- Battle of Lwów: Part of Operation Barbarossa on the Eastern Front of World War II
| Date | 22–30 June 1941 |
| Location | Lwów, Soviet-occupied Poland49°50′33″N 24°01′56″E﻿ / ﻿49.84250°N 24.03222°E |
| Result | German and Ukrainian victory Subsequent pogroms; Massacre of Lwów professors; |

Belligerents
- Germany OUN-B: Soviet Union

Commanders and leaders
- Carl-Heinrich von Stülpnagel Yaroslav Stetsko: Ivan Muzychenko [ru] Nikolai Dyatlov [ru]

Strength
- 17th Army OUN marching groups [pl]: 6th Combined Arms Army

= Battle of Lwów (1941) =

1941 battle

The Battle of Lwów was a World War II battle for the control over the city of Lwów (now Lviv, Ukraine) between the Red Army and the invading Wehrmacht and the Organisation of Ukrainian Nationalists.

==History==
Protection of the city’s infrastructure was carried out by the 223rd regiment from the 13th division of the NKVD escort troops. On 24 June the 1st company of the regiment prevented the mass escape from Lvov Prison No. 1. Also, the soldiers of the regiment defended the city from the actions of looters, OUN members and Nazi saboteurs.
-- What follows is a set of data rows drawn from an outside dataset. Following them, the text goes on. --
-- ===== src/Iam/Saml/Cached.antt =====
-- The credentials are kept: `get_credentials`.
use mathlib.Core.Path.{subst}
use amazon_redshift_python_d.Prelude.{◌≡◌, refl, false, Option, none, some, [], ◌∷◌}
use amazon_redshift_python_d.Prelude.Action.{Action, continue, pure, ◌>>◌}
use amazon_redshift_python_d.Prelude.Dict.{dict_get, dict_get-dict_set-eq, dict_set-same}
use amazon_redshift_python_d.Prelude.Int.{ℤ}
use amazon_redshift_python_d.Prelude.Keeps.{
  each, Ends, Leads, Leads_lem, leads, bind-Leads, Keeps-Leads,
}
use amazon_redshift_python_d.Prelude.Result.{Result, ok, err, key_error}
use amazon_redshift_python_d.Iam.Properties.{Attr, absent, flag, number, text, texts}
use amazon_redshift_python_d.Iam.Saml.Provider.{
  SamlCred, SamlOutside, SamlProvider, get_saml_credentials, is_stale, refresh_stale, keep_cred,
  saml_cache_key, take_cached, with_user,
}

with_user-again :
    (user : Attr) (cred : SamlCred) → with_user user (with_user user cred) ≡ with_user user cred
unfolding with_user
with_user-again absent cred = refl
with_user-again (flag b) cred = refl
with_user-again (number z) cred = refl
with_user-again (text []) cred = refl
with_user-again (text (c ∷ user)) cred = refl
with_user-again (texts ts) cred = refl

-- The cache has the credentials, with the user of the parameters.
Settled : SamlOutside → SamlCred → SamlProvider → Type 0
Settled F cred l =
    (dict_get (saml_cache_key F l) l.cache ≡ some cred) × (with_user l.db_user cred ≡ cred)

take_cached-Leads :
    (F : SamlOutside) → Leads (λ l. Unit {0}) (Settled F) (λ l. Unit {0}) (take_cached F)
unfolding take_cached keep_cred Settled saml_cache_key
take_cached-Leads F = leads (λ l h. found l (dict_get (saml_cache_key F l) l.cache))
  where
    found :
        (l : SamlProvider) (o : Option SamlCred)
        → let run =
            continue
              (elim o as (λ o. Result SamlCred) [ none ↦ err key_error | some cred ↦ ok cred ])
              l
              (λ cred. keep_cred F (with_user l.db_user cred) >> pure (with_user l.db_user cred)) in
          Ends (Settled F) (λ l. Unit {0}) run.0 run.1
    found l none = tt
    found l (some cred) = (
      dict_get-dict_set-eq (saml_cache_key F l) (with_user l.db_user cred) l.cache,
      with_user-again l.db_user cred,
    )

any_state :
    {A : Type 0} (m : Action SamlProvider A)
    → Leads (λ l. Unit {0}) (λ a l. Unit {0}) (λ l. Unit {0}) m
any_state m = Keeps-Leads (each (λ l h. h)) (λ l h. h)

get_saml_credentials-Leads :
    (F : SamlOutside) → Leads (λ l. Unit {0}) (Settled F) (λ l. Unit {0}) (get_saml_credentials F)
unfolding get_saml_credentials
get_saml_credentials-Leads F = bind-Leads (any_state (refresh_stale F)) (λ t. take_cached-Leads F)

refresh_stale-fresh :
    (F : SamlOutside) (l : SamlProvider) (cred : SamlCred)
    → dict_get (saml_cache_key F l) l.cache ≡ some cred
    → is_stale F (some cred) ≡ false
    → refresh_stale F l ≡ (ok tt, l)
unfolding refresh_stale
refresh_stale-fresh F l cred found fresh = rw (found, fresh) refl

take_cached-settled :
    (F : SamlOutside) (l : SamlProvider) (cred : SamlCred)
    → dict_get (saml_cache_key F l) l.cache ≡ some cred
    → with_user l.db_user cred ≡ cred
    → take_cached F l ≡ (ok cred, l)
unfolding take_cached keep_cred
take_cached-settled F l cred found user =
    rw (found, user, dict_set-same (saml_cache_key F l) cred l.cache found) refl

-- When get_credentials has returned credentials, a call that follows before they expire returns the same and
-- changes nothing: no assertion is asked for and no role is assumed.
pub get_saml_credentials-again :
    (F : SamlOutside) (later : ℤ) (p after : SamlProvider) (cred : SamlCred)
    → get_saml_credentials F p ≡ (ok cred, after)
    → is_stale (record F { time = later }) (some cred) ≡ false
    → get_saml_credentials (record F { time = later }) after ≡ (ok cred, after)
unfolding get_saml_credentials saml_cache_key Settled
get_saml_credentials-again F later p after cred done fresh =
    let (found, user) : Settled F cred after =
      subst (λ x. Ends (Settled F) (λ l. Unit {0}) x.0 x.1) done
        (Leads_lem (get_saml_credentials-Leads F) p tt) in
    rw
      (
        refresh_stale-fresh (record F { time = later }) after cred found fresh,
        take_cached-settled (record F { time = later }) after cred found user,
      )
      refl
From 29 to 30 June 1941 the regiment’s battalion covered the withdrawal of units of the 6th army from Lviv and then departed along the route Sykhov-Bóbrka-Rohatyn-Kozova-Tarnopol under the direct influence of the Luftwaffe.

Immediately after the departure of the Red Army, NKVD troops and border guards, the massacre of Lviv professors and Lviv pogrom was organized, and then the ghetto and concentration camps began to form under the leadership of the German administration by the Ukrainian auxiliary police, formed from the OUN marching groups.

The city was liberated from the Nazis three years later, in the summer of 1944, during the Lvov–Sandomierz Offensive.